### Data supplied ###

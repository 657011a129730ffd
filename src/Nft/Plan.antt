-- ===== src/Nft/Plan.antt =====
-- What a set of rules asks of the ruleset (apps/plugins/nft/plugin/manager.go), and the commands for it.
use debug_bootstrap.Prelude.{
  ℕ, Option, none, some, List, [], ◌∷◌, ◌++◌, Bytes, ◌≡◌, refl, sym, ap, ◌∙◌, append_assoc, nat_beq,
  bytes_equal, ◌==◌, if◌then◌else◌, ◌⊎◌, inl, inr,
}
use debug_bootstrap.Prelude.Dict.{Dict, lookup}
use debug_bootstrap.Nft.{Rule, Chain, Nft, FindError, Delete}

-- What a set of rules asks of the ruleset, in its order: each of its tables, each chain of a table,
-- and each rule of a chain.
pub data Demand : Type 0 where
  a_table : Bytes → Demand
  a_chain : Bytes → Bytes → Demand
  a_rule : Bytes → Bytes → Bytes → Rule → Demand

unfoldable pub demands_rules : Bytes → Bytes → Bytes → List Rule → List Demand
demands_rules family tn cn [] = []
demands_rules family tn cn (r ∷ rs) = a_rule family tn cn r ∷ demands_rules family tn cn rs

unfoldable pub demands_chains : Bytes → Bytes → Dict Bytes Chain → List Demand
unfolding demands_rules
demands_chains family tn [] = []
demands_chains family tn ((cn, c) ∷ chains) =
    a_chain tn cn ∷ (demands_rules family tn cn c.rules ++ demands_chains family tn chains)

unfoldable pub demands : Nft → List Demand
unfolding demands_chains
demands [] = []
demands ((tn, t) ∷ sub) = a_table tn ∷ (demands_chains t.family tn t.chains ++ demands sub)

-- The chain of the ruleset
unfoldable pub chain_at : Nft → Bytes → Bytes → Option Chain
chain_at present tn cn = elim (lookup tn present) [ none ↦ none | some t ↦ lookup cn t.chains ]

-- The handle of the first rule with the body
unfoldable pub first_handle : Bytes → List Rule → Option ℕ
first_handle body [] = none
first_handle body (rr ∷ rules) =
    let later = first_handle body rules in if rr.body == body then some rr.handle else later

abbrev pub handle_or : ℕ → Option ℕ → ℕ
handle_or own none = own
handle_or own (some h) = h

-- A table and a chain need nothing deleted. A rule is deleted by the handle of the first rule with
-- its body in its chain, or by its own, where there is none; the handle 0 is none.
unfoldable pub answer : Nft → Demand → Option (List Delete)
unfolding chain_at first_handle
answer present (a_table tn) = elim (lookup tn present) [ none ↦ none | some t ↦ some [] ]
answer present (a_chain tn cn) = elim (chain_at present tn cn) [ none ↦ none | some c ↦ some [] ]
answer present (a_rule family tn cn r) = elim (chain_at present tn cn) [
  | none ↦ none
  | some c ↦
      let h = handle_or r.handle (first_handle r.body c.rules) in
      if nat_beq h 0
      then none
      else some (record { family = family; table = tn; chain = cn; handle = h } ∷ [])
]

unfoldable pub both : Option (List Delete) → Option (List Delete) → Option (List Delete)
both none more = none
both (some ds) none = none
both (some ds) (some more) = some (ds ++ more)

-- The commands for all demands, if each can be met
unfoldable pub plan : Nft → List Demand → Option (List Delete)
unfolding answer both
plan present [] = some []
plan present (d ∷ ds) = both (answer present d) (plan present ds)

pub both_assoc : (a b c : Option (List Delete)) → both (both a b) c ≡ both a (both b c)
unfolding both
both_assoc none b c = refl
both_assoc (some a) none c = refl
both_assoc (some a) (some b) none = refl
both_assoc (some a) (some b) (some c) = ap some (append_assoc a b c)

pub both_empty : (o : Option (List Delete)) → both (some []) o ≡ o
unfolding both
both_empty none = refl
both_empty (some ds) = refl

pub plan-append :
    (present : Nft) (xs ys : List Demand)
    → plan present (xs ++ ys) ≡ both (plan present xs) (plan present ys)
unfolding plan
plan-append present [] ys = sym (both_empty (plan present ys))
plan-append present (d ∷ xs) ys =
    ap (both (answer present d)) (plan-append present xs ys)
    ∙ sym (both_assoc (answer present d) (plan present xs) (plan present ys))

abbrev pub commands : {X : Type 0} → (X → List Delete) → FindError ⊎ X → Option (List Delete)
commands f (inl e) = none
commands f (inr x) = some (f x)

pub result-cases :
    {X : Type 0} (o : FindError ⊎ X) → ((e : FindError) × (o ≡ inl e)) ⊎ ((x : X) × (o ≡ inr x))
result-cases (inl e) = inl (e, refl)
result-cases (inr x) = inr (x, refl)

###

Exercise: Extract each line holding the word "ruleset" from the records.

Task result:
-- What a set of rules asks of the ruleset (apps/plugins/nft/plugin/manager.go), and the commands for it.
-- What a set of rules asks of the ruleset, in its order: each of its tables, each chain of a table,
-- The chain of the ruleset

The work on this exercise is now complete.